Но, вглядываясь беспристрастно, я убедился, что тамошние евреи все-таки глубоко и мучительно сознают себя чужими среди чужого коренного населения. Поэтому я посвящаю свои очерки римского «счастливого» гетто «недругам сиона», зовущим нас к ассимиляции, и говорю им:
— Вот ваш идеал. Полюбуйтесь!
Собственно говоря, гетто уже не существует: оно снесено. До 1870 года это был целый городок у самого берега Тибра: грязный, зловонный, весь перепутанный узенькими извилистыми переулками, где толстому человеку трудно было пройти. Вступивши в Рим, итальянцы занялись его чисткой, потому что весь он был в грязи и пахуч, и прежде всего снесли гетто, хуже которого действительно не было места во всем городе. Теперь там, где был еврейский городок, осталась огромная невымощенная площадь, совершенно пустая. Только в одном углу ее достраивают новую синагогу, а в другом всегда, особенно под вечер, кишит и галдит еврейская беднота вокруг лотков с арбузами и жаровен с каштанами.

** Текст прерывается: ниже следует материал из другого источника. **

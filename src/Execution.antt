-- ===== src/Execution.antt =====
-- trading/execution: the gate, the paper executor, the exchange's order filters, the live executor.
pub mod Gate
pub mod PaperExecutor
pub mod Exchange
pub mod Filters
pub mod Orders
pub mod LiveExecutor
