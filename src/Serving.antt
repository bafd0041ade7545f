-- ===== src/Serving.antt =====
-- conn.go: ringListener with its loop run, Accept, Close, Addr and Fd.
pub mod Walking
pub mod Rounds
pub mod Again
use iouring_go.Base.{
  ◌&&◌, ◌||◌, not, bit_and, ◌==◌, ℕ, Bool, true, false, List, [], ◌∷◌, ◌++◌, Option, none, some,
  ltb, if◌then◌else◌, length,
}
use iouring_go.Base.Int.{ℤ, negsuc}
use iouring_go.Base.Outcome.{Outcome, M, done, spin, panic, ◌>>=◌, ◌>>◌}
use iouring_go.Ring
use iouring_go.Ring.{Ring, Kernel, next_id, enter, enter_get_events}
use iouring_go.Connection.{Addr, RingConn}
use iouring_go.Listener.{Conn, Conns, walk_cq, on_listen, poll_for}

-- A connection that onListen hands over.
pub record Accepted : Type 0 where
  pub fd : ℤ
  pub laddr : Addr
  pub raddr : Addr

-- The ringConn of it: its channel is empty, and no deadline is set.
abbrev pub conn_on : Ring → Accepted → RingConn
conn_on r c = record {
  fd = c.fd;
  laddr = c.laddr;
  raddr = c.raddr;
  r = r;
  stop = 0;
  deadline = 0;
  read_deadline = 0;
  write_deadline = 0;
}

-- `ringListener`: `f` is the descriptor of the socket's file, `stopped` whether `stop` is closed,
-- `new_conn` what stands in that channel and `sending` what waits to be sent into it, `handled` the
-- errors given to the handler, if there is one.
pub record RingListener : Type 0 where
  pub r : Ring
  pub f : Option ℤ
  pub a : Addr
  pub stopped : Bool
  pub new_conn : List Accepted
  pub sending : Option Accepted
  pub has_handler : Bool
  pub handled : List ℕ

-- The capacity of the channel `newConn`.
abbrev pub conn_room : ℕ
conn_room = 1024

abbrev pub with_r : RingListener → Ring → RingListener
with_r l r = record l { r = r }

abbrev pub accepted : (ℤ → List ℕ) → RingListener → ℤ → Accepted
accepted peer l fd = record { fd = fd; laddr = l.a; raddr = record { net = l.a.net; s = peer fd } }

-- `l.newConn <- &rc`
unfoldable pub deliver : Accepted → RingListener → RingListener
deliver c l =
    if ltb (length l.new_conn) conn_room
    then record l { new_conn = l.new_conn ++ c ∷ [] }
    else record l { sending = some c }

-- `l.errHandler(err)`
unfoldable pub handle : ℕ → RingListener → RingListener
handle e l = if l.has_handler then record l { handled = l.handled ++ e ∷ [] } else l

-- The debug output of `walkCq` takes the first nine entries of both queues, once there is something to
-- look for, and panics when there are fewer.
unfoldable pub out_of_range : Ring → Bool
out_of_range r =
    r.debug
    && (not (bit_and r.cq.head r.cq.mask == bit_and r.cq.tail r.cq.mask)
        && (ltb (length r.sq.entries) 9 || ltb (length r.cq.entries) 9))

-- How a turn of the loop ends.
pub data Turn : Type 0 where
  ended going waiting : Turn

-- What comes before the loop: the first poll, and the map with the socket under its id.
unfoldable pub start : ℕ → ℤ → M Ring Conns
start fuel fd r =
    (do id ← next_id; poll_for fuel fd id; (λ s. done (record { fd = fd; id = id } ∷ [], s))) r

-- `accept` is accept4(2), an error of which is `none`, and `peer` the address of who connected.
module _ (kernel : Kernel) (fuel : ℕ) (accept : ℤ → Option ℤ) (peer : ℤ → List ℕ) where
  unfoldable pub welcome : Conn → RingListener → Outcome (Turn × RingListener)
  unfolding deliver
  welcome c l = elim (on_listen accept fuel c l.r) [
    | done (fd, r') ↦ done (going, deliver (accepted peer l fd) (with_r l r'))
    | spin ↦ spin
    | panic ↦ panic
  ]

  -- `walkCq`; the listener's `debug` is that of the ring.
  unfoldable pub heard : Conns → RingListener → Outcome (Turn × RingListener)
  unfolding welcome out_of_range
  heard conns l = if out_of_range l.r then panic else elim (walk_cq l.r.cq conns) [
    | done (none, cq') ↦ done (going, with_r l (record (l.r) { cq = cq' }))
    | done (some c, cq') ↦ welcome c (with_r l (record (l.r) { cq = cq' }))
    | spin ↦ spin
    | panic ↦ panic
  ]

  unfoldable pub after_enter : Conns → Ring.Result ℤ → RingListener → Outcome (Turn × RingListener)
  unfolding heard handle
  after_enter conns (Ring.err e) l = done (going, handle e l)
  after_enter conns (Ring.ok n) l = heard conns l

  -- A turn of the loop of `run`, unless the goroutine waits at the send.
  unfoldable pub round : Conns → RingListener → Outcome (Turn × RingListener)
  unfolding after_enter
  round conns l = elim (l.sending) [
    | some c ↦ done (waiting, l)
    | none ↦
        if l.stopped
        then done (ended, l)
        else elim (enter kernel fuel 1024 1 enter_get_events l.r) [
          | done (res, r') ↦ after_enter conns res (with_r l r')
          | spin ↦ spin
          | panic ↦ panic
        ]
  ]

-- `Accept`: the next connection, or none while it waits; a goroutine that waits to send goes on.
unfoldable pub accept_next : RingListener → Option Accepted × RingListener
accept_next l = elim (l.new_conn) [
  | [] ↦ (none, l)
  | c ∷ cs ↦ elim (l.sending) [
    | none ↦ (some c, record l { new_conn = cs })
    | some d ↦ (some c, record l { new_conn = cs ++ d ∷ []; sending = none })
  ]
]

-- `Close`: closing the channel a second time panics. `close_file` is the error of `l.f.Close`.
unfoldable pub close : (Option ℤ → Option ℕ) → RingListener → Outcome (Option ℕ × RingListener)
close close_file l = if l.stopped then panic else done (close_file l.f, record l { stopped = true })

-- `Addr` and `Fd`
unfoldable pub addr : RingListener → Addr
addr l = l.a

unfoldable pub fd : RingListener → ℤ
fd l = elim (l.f) [ none ↦ negsuc 0 | some n ↦ n ]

Однако и теперь еще можно составить себе понятие о том, что такое было старое, настоящее гетто. Для этого достаточно пройти по улицам, соединяющим пустую площадь и центр города. Эти улицы несколько шире старых: одному толстому человеку здесь легко пройти, но двум все-таки трудно. Стены домов высокие, старые, точно насквозь чем-то пропотевшие. В стенах густо прорезаны лавочки, похожие на пещеры, и двери с узенькими лестницами, уходящими куда-то вверх. В замке св. Ангела я видел келью, где была заточена отцеубийца Беатриче Ченчи, и другую, где сидел волшебник Калиостро, и маленький каменный мешок, в который бросили еретика Джордано Бруно: в этой страшной тюрьме тоже узенькие и крутые лестницы. Но лесенки гетто уже, круче и темнее тех.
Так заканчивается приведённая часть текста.